Dataset records:
——

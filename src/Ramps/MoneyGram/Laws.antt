-- ===== src/Ramps/MoneyGram/Laws.antt =====
-- What a success of the provider MONEYGRAM means.
use pay_era.Prelude.{
  ℕ, ◌≡◌, ◌≢◌, ◌↔◌, ◌⊎◌, inl, inr, refl, sym, ap, ◌∙◌, subst, false, Option, none, some, String,
  Result, ok, err, arith, Bool-cases, Option-cases, str_eq, eq_iff,
}
use pay_era.Ramps.Status.{RampStatus}
use pay_era.Ramps.Status.Laws.{map_status_iff}
use pay_era.Ramps.Provider.{InitiateParams, InitiateResult, StatusResult}
use pay_era.Ramps.MoneyGram.{
  Answer, threw, refused, answered, ChallengeData, TransactionData, Toml, Anchor, read_answer, bind,
  endpoint, parse_toml, get_toml, sign_challenge, check_token, authenticate, initiate_off_ramp,
  get_status, is_other_network, status_result, money_gram,
}

-- What a success of a sequence says of its two parts.
bind_inversion :
    {A B : Type 0} (r : Result A) (f : A → Result B) (b : B)
    → bind r f ≡ ok b
    → (a : A) × ((r ≡ ok a) × (f a ≡ ok b))
bind_inversion (ok a) f b h = (a, (refl, h))
bind_inversion (err e) f b h = ground arith

read_answer_inversion :
    {A : Type 0} (text : String) (x : Answer A) (a : A) → read_answer text x ≡ ok a → x ≡ answered a
read_answer_inversion text (threw e) a h = ground arith
read_answer_inversion text refused a h = ground arith
read_answer_inversion text (answered b) a h = ground arith

non_empty : (o : Option String) (t : String) → endpoint o ≡ some t → (o ≡ some t) × (t ≢ "")
non_empty none t h = ground arith
non_empty (some u) t h = elim (Bool-cases (str_eq u "")) [
  | inl empty ↦ ground arith
  | inr full ↦
      let own : u ≡ t = ground arith in
      (ap some own, λ e. ground (arith, (eq_iff u "").1 (own ∙ e)))
]

module _ (anchor : Anchor) where
  -- The stellar.toml that an operation fetched names both endpoints.
  pub record IsNamed (operation : String) (call : ℕ) (toml : Toml) : Type 0 where
    pub text : String
    pub fetched : anchor.toml operation call ≡ answered text
    pub server : anchor.transfer_server text ≡ some toml.transfer_server_url
    pub auth : anchor.web_auth text ≡ some toml.web_auth_endpoint
    pub present : (toml.transfer_server_url ≢ "") × (toml.web_auth_endpoint ≢ "")

  parse_toml_inversion :
      (text : String) (toml : Toml)
      → parse_toml anchor text ≡ ok toml
      → (endpoint (anchor.transfer_server text) ≡ some toml.transfer_server_url)
        × (endpoint (anchor.web_auth text) ≡ some toml.web_auth_endpoint)
  unfolding parse_toml
  parse_toml_inversion text toml h = elim (Option-cases (endpoint (anchor.transfer_server text))) [
    | inl e ↦ ground arith
    | inr (server, e) ↦ elim (Option-cases (endpoint (anchor.web_auth text))) [
      | inl f ↦ ground arith
      | inr (auth, f) ↦ (ground arith, ground arith)
    ]
  ]

  get_toml-IsNamed :
      (operation : String) (call : ℕ) (toml : Toml)
      → get_toml anchor operation call ≡ ok toml
      → IsNamed operation call toml
  unfolding get_toml
  get_toml-IsNamed operation call toml h =
      let (text, (got, parsed)) = bind_inversion _ (parse_toml anchor) toml h in
      let (server, auth) = parse_toml_inversion text toml parsed in
      let (its_server, server_there) = non_empty (anchor.transfer_server text) _ server in
      let (its_auth, auth_there) = non_empty (anchor.web_auth text) _ auth in
      record {
        text = text;
        fetched = read_answer_inversion _ _ text got;
        server = its_server;
        auth = its_auth;
        present = (server_there, auth_there);
      }

  -- The steps of a successful authentication.
  pub record IsAuthenticated (call : ℕ) (address token : String) : Type 0 where
    pub toml : Toml
    pub named : IsNamed "authenticate" call toml
    pub challenge : ChallengeData
    pub xdr : String
    pub challenged :
        anchor.challenge call toml.web_auth_endpoint address anchor.app_home_domain
        ≡ answered challenge
    -- The challenge is for the platform's network, or names none.
    pub network :
        (challenge.network_passphrase ≡ none)
        ⊎ ((challenge.network_passphrase ≡ some "")
            ⊎ (challenge.network_passphrase ≡ some anchor.passphrase))
    pub signed : anchor.sign anchor.passphrase challenge.transaction ≡ ok xdr
    pub exchanged : anchor.token call toml.web_auth_endpoint xdr ≡ answered token
    pub present : token ≢ ""

  own_network :
      (c : ChallengeData)
      → is_other_network anchor c ≡ false
      → (c.network_passphrase ≡ none)
        ⊎ ((c.network_passphrase ≡ some "") ⊎ (c.network_passphrase ≡ some anchor.passphrase))
  own_network c h = elim (Option-cases c.network_passphrase) [
    | inl e ↦ inl e
    | inr (p, e) ↦ elim (Bool-cases (str_eq p "")) [
      | inl empty ↦ inr (inl (e ∙ ap some ((eq_iff p "").0 empty)))
      | inr full ↦ inr (inr (e ∙ ap some ((eq_iff p anchor.passphrase).0 (ground arith))))
    ]
  ]

  sign_challenge_inversion :
      (c : ChallengeData) (xdr : String)
      → sign_challenge anchor c ≡ ok xdr
      → (is_other_network anchor c ≡ false) × (anchor.sign anchor.passphrase c.transaction ≡ ok xdr)
  unfolding sign_challenge
  sign_challenge_inversion c xdr h = elim (Bool-cases (is_other_network anchor c)) [
    | inl other ↦ ground arith
    | inr own ↦ (own, ground arith)
  ]

  check_token_inversion :
      (t token : String) → check_token anchor t ≡ ok token → (t ≡ token) × (token ≢ "")
  unfolding check_token
  check_token_inversion t token h = elim (Bool-cases (str_eq t "")) [
    | inl empty ↦ ground arith
    | inr full ↦
        let own : t ≡ token = ground arith in (own, λ e. ground (arith, (eq_iff t "").1 (own ∙ e)))
  ]

  -- SEP-10 gives a token only after the anchor, at the endpoint that its stellar.toml names, sent a
  -- challenge for this account that names the platform's network, or no network or an empty one, this
  -- was signed for the platform's network, and the anchor took it; the token is not empty.
  pub authenticate-IsAuthenticated :
      (call : ℕ) (address token : String)
      → (money_gram anchor).authenticate call address ≡ ok token
      → IsAuthenticated call address token
  unfolding money_gram authenticate
  authenticate-IsAuthenticated call address token h =
      let (toml, (parsed, h1)) = bind_inversion (get_toml anchor "authenticate" call) _ token h in
      let (c, (asked, h2)) = bind_inversion _ _ token h1 in
      let (xdr, (sent, h3)) = bind_inversion (sign_challenge anchor c) _ token h2 in
      let (t, (got, h4)) = bind_inversion _ (check_token anchor) token h3 in
      let (own, signed) = sign_challenge_inversion c xdr sent in
      let (same, full) = check_token_inversion t token h4 in
      record {
        toml = toml;
        named = get_toml-IsNamed "authenticate" call toml parsed;
        challenge = c;
        xdr = xdr;
        challenged = read_answer_inversion _ _ c asked;
        network = own_network c own;
        signed = signed;
        exchanged = read_answer_inversion _ _ t got ∙ ap answered same;
        present = full;
      }

  -- A report, field by field, of what the anchor answered at the endpoint of its stellar.toml.
  pub record IsReport (call : ℕ) (token id : String) (r : StatusResult) : Type 0 where
    pub toml : Toml
    pub named : IsNamed "status" call toml
    pub reply : TransactionData
    pub asked : anchor.transaction call toml.transfer_server_url token id ≡ answered reply
    pub raw : r.raw_status ≡ reply.status
    pub amounts :
        (r.amount_in ≡ reply.amount_in)
        × ((r.amount_out ≡ reply.amount_out) × (r.amount_fee ≡ reply.amount_fee))
    pub memo :
        (r.stellar_memo ≡ reply.withdraw_memo) × (r.stellar_memo_type ≡ reply.withdraw_memo_type)
    pub account : r.anchor_account ≡ reply.withdraw_anchor_account
    pub hash : r.stellar_tx_hash ≡ reply.stellar_transaction_id
    pub reference : r.reference_number ≡ reply.external_transaction_id
    pub is_completed : (r.status ≡ RampStatus.completed) ↔ (reply.status ≡ "completed")
    pub is_refunded : (r.status ≡ RampStatus.refunded) ↔ (reply.status ≡ "refunded")

  status_result-IsReport :
      (call : ℕ) (token id : String) (toml : Toml) (t : TransactionData)
      → IsNamed "status" call toml
      → anchor.transaction call toml.transfer_server_url token id ≡ answered t
      → IsReport call token id (status_result anchor t)
  status_result-IsReport call token id toml t named asked = record {
    toml = toml;
    named = named;
    reply = t;
    asked = asked;
    raw = refl;
    amounts = (refl, (refl, refl));
    memo = (refl, refl);
    account = refl;
    hash = refl;
    reference = refl;
    is_completed = (map_status_iff t.status).0;
    is_refunded = (map_status_iff t.status).1;
  }

  -- A status that the provider reports is the anchor's answer, from the endpoint that its
  -- stellar.toml names: the raw status, the amounts, the memo, the account, the hash and the
  -- reference are copied, and COMPLETED and REFUNDED are reported exactly where the anchor says
  -- "completed" and "refunded".
  pub get_status-IsReport :
      (call : ℕ) (token id : String) (r : StatusResult)
      → (money_gram anchor).get_status call token id ≡ ok r
      → IsReport call token id r
  unfolding money_gram get_status
  get_status-IsReport call token id r h =
      let (toml, (parsed, h1)) = bind_inversion (get_toml anchor "status" call) _ r h in
      let (t, (got, h2)) = bind_inversion _ _ r h1 in
      let own : r ≡ status_result anchor t = ground arith in
      subst (IsReport call token id) (sym own) (
        status_result-IsReport call token id toml t (get_toml-IsNamed "status" call toml parsed)
          (read_answer_inversion _ _ t got))

  -- An off-ramp without an amount is refused before the anchor is asked for anything.
  pub initiate_off_ramp-amount :
      (call : ℕ) (token : String) (params : InitiateParams) (r : InitiateResult)
      → (money_gram anchor).initiate_off_ramp call token params ≡ ok r
      → (a : String) × ((params.amount ≡ some a) × (a ≢ ""))
  unfolding money_gram initiate_off_ramp
  initiate_off_ramp-amount call token params r h = elim (Option-cases params.amount) [
    | inl e ↦ ground arith
    | inr (a, e) ↦ (a, (e, λ empty. ground (arith, (eq_iff a "").1 empty)))
  ]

——

TASK PROMPT
Filter the lines above, keeping and copying those that contain "exchanged".

FINISHED TASK
    pub exchanged : anchor.token call toml.web_auth_endpoint xdr ≡ answered token
        exchanged = read_answer_inversion _ _ t got ∙ ap answered same;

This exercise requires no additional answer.